● **Collected data entries**:
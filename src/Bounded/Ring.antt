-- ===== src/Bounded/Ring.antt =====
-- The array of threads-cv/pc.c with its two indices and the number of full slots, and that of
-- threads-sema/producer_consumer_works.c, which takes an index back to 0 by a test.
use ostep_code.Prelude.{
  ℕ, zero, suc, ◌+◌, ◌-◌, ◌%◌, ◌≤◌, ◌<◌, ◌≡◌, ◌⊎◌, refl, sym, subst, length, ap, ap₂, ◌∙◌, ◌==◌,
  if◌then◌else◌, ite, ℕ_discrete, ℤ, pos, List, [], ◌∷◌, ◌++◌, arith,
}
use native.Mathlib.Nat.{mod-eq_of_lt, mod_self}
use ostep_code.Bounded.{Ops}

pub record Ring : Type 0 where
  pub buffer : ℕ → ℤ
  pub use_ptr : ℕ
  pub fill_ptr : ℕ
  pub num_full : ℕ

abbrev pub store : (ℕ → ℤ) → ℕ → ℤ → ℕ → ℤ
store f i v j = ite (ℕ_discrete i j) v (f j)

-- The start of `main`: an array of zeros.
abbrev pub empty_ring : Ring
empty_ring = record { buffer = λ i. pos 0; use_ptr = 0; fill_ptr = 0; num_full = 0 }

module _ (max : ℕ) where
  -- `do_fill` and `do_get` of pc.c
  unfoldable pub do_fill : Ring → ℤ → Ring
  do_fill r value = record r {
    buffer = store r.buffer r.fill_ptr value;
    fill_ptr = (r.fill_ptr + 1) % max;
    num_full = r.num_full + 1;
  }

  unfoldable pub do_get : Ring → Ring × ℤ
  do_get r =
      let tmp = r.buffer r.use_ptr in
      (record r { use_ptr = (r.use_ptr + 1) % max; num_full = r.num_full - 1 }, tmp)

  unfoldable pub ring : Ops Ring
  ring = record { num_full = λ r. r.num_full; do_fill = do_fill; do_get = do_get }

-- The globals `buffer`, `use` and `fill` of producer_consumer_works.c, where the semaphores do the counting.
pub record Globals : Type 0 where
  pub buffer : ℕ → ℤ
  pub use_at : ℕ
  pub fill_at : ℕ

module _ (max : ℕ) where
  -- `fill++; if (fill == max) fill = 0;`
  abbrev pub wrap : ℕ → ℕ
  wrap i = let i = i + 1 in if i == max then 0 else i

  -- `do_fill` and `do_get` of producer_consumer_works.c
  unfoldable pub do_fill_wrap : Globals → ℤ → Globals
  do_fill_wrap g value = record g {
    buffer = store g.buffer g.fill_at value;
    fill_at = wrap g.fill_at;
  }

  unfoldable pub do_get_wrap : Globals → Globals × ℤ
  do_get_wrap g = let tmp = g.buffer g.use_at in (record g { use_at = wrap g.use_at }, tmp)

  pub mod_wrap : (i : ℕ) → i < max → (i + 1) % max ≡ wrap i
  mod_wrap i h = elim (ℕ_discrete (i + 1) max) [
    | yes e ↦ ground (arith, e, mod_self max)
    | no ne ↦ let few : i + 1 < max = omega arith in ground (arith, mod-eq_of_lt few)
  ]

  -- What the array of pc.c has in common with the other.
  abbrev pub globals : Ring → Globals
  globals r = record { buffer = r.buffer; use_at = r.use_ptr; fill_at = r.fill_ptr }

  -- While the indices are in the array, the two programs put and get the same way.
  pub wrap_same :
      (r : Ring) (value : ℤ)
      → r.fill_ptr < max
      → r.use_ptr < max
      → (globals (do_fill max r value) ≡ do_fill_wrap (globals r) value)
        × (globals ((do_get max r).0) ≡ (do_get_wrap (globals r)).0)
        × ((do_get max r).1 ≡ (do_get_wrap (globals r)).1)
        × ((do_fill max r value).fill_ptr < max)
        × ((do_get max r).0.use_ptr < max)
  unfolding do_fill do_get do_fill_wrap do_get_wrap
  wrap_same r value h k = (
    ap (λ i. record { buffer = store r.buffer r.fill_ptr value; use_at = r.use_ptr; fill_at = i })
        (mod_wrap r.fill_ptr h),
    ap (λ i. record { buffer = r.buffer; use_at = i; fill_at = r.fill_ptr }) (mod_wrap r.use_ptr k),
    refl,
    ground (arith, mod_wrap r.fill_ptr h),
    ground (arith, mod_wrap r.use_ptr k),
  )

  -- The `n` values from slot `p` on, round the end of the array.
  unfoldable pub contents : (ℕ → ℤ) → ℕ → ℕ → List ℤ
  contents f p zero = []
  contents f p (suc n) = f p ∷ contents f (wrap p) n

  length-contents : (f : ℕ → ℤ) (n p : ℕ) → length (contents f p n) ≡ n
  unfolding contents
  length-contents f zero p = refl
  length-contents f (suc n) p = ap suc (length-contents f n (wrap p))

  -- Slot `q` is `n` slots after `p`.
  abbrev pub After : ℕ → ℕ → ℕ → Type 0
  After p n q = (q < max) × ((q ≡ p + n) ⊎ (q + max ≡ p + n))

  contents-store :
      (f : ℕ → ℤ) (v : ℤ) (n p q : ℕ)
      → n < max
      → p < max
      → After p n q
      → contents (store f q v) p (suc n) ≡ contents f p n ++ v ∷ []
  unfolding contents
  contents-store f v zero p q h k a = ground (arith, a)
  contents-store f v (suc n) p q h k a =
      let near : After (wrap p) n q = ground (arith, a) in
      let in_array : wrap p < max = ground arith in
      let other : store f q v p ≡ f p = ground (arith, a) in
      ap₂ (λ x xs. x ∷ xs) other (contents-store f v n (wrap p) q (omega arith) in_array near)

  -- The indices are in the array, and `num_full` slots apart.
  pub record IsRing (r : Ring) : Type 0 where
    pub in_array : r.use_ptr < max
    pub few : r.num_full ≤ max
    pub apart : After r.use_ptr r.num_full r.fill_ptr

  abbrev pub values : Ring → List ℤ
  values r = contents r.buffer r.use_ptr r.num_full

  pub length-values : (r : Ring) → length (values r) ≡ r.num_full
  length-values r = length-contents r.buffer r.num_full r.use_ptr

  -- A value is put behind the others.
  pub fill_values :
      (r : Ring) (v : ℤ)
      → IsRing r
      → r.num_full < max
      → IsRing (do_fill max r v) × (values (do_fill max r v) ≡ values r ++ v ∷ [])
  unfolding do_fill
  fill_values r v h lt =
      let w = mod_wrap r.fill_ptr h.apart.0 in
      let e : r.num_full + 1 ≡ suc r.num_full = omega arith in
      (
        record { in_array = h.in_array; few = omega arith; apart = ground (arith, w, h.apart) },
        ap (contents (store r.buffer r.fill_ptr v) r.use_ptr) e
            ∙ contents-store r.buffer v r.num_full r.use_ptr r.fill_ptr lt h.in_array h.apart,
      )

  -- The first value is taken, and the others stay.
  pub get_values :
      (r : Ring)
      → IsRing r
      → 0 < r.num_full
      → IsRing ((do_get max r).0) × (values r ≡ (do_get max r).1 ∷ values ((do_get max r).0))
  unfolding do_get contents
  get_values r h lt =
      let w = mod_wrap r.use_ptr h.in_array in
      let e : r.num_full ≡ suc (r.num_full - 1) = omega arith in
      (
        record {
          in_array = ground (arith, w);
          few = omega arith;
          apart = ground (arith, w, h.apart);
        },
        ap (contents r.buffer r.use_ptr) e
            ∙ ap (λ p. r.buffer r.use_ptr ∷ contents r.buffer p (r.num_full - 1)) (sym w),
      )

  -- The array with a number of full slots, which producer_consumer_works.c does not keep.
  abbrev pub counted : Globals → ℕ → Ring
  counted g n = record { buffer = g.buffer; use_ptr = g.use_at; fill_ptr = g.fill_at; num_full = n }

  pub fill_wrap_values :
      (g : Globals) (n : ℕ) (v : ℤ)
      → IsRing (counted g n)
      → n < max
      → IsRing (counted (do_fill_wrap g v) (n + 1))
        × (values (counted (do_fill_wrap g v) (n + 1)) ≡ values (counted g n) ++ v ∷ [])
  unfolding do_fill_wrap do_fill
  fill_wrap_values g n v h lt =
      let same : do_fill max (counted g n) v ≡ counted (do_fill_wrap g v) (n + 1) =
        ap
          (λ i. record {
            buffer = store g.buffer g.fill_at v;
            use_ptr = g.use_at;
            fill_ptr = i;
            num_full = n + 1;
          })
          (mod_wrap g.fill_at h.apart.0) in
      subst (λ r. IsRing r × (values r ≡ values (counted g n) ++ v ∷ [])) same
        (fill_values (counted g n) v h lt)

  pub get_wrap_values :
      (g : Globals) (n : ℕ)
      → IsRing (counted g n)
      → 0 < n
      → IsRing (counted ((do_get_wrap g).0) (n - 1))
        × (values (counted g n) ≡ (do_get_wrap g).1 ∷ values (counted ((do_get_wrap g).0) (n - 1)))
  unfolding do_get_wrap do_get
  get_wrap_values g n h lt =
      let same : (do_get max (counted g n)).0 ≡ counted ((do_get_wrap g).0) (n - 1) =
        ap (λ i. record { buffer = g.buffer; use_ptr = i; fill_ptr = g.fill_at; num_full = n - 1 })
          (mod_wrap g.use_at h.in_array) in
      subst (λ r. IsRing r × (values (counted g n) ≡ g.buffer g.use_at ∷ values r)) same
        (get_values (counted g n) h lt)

● **PROBLEM DETAILS**:
Return the lines above precisely as they appear, beginning at the first line and ending at the line with "-- The start", and nothing after it.

● **WORKED SOLUTION**:
filename src/Bounded/Ring.antt
-- ===== src/Bounded/Ring.antt =====
-- The array of threads-cv/pc.c with its two indices and the number of full slots, and that of
-- threads-sema/producer_consumer_works.c, which takes an index back to 0 by a test.
use ostep_code.Prelude.{
  ℕ, zero, suc, ◌+◌, ◌-◌, ◌%◌, ◌≤◌, ◌<◌, ◌≡◌, ◌⊎◌, refl, sym, subst, length, ap, ap₂, ◌∙◌, ◌==◌,
  if◌then◌else◌, ite, ℕ_discrete, ℤ, pos, List, [], ◌∷◌, ◌++◌, arith,
}
use native.Mathlib.Nat.{mod-eq_of_lt, mod_self}
use ostep_code.Bounded.{Ops}

pub record Ring : Type 0 where
  pub buffer : ℕ → ℤ
  pub use_ptr : ℕ
  pub fill_ptr : ℕ
  pub num_full : ℕ

abbrev pub store : (ℕ → ℤ) → ℕ → ℤ → ℕ → ℤ
store f i v j = ite (ℕ_discrete i j) v (f j)

-- The start of `main`: an array of zeros.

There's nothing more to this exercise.